## Task requirements
In the entries below, find the string "false" and return each line holding it.

## Listed entries
--- START ---

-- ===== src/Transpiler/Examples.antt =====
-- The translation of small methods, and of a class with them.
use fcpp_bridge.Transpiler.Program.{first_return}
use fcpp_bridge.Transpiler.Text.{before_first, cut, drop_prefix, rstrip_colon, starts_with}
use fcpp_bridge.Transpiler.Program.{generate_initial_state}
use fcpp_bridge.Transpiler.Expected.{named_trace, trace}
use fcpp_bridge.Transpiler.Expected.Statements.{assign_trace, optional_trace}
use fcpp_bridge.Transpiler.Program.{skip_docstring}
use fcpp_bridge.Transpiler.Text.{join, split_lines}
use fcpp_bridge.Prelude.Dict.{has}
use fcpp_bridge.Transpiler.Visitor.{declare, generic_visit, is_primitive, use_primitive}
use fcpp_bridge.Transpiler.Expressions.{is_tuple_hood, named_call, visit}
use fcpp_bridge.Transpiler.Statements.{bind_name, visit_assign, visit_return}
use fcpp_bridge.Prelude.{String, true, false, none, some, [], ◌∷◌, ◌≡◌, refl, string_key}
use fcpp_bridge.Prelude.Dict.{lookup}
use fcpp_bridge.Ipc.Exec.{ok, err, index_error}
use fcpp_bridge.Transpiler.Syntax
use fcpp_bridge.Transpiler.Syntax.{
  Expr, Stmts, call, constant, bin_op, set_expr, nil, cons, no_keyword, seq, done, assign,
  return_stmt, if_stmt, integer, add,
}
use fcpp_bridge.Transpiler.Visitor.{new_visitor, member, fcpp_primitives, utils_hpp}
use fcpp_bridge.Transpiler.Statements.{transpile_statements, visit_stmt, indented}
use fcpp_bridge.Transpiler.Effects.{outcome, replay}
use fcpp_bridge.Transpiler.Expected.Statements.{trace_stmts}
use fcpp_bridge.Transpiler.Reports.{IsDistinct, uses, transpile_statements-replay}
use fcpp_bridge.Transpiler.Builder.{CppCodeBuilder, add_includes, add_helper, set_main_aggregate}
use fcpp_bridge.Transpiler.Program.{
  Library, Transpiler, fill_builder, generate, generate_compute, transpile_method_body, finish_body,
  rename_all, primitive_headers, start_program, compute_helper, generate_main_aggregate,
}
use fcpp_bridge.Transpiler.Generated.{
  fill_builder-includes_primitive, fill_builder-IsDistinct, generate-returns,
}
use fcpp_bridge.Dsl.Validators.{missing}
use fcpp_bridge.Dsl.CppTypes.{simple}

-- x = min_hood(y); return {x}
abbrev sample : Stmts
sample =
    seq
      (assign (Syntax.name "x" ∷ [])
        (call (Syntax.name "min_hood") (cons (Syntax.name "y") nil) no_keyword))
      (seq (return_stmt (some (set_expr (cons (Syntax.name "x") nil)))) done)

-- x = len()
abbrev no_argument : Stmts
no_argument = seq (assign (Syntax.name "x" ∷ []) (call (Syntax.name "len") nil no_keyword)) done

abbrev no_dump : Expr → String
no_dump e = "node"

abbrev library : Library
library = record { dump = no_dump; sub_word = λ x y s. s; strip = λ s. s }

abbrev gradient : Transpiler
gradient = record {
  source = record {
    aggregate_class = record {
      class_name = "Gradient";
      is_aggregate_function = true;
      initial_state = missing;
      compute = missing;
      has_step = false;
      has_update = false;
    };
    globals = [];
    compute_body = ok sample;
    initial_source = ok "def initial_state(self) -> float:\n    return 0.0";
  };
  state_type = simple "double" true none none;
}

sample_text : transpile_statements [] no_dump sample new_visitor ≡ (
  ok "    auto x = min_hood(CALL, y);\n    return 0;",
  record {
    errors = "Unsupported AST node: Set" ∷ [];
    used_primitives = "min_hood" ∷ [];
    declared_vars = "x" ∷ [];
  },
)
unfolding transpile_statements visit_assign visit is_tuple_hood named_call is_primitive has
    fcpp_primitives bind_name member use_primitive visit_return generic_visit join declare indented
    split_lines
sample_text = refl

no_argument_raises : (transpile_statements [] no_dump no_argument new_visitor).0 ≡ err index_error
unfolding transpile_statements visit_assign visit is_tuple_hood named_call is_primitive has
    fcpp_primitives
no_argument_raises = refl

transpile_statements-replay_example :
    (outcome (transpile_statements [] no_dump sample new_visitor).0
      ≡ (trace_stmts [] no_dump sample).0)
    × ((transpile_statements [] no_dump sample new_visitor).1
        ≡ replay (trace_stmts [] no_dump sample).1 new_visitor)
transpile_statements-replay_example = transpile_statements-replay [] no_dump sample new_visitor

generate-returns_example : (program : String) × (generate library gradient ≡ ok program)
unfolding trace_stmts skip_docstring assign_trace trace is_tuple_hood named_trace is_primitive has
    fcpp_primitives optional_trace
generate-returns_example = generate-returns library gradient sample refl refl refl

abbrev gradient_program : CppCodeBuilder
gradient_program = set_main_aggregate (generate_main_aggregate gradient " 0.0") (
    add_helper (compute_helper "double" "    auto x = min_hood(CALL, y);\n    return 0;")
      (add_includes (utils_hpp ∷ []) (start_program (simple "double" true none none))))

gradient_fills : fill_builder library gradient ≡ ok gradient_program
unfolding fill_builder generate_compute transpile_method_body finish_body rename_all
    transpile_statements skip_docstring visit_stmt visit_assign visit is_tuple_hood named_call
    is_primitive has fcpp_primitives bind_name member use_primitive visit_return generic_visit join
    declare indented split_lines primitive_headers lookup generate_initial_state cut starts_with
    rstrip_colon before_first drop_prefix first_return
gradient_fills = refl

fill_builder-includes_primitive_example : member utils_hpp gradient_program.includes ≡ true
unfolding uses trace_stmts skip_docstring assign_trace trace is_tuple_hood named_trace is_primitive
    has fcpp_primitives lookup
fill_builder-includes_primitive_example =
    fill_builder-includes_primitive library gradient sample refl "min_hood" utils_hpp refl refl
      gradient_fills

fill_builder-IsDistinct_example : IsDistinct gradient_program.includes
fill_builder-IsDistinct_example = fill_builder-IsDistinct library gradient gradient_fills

--- END ---

## Your solution
use fcpp_bridge.Prelude.{String, true, false, none, some, [], ◌∷◌, ◌≡◌, refl, string_key}
      has_step = false;
      has_update = false;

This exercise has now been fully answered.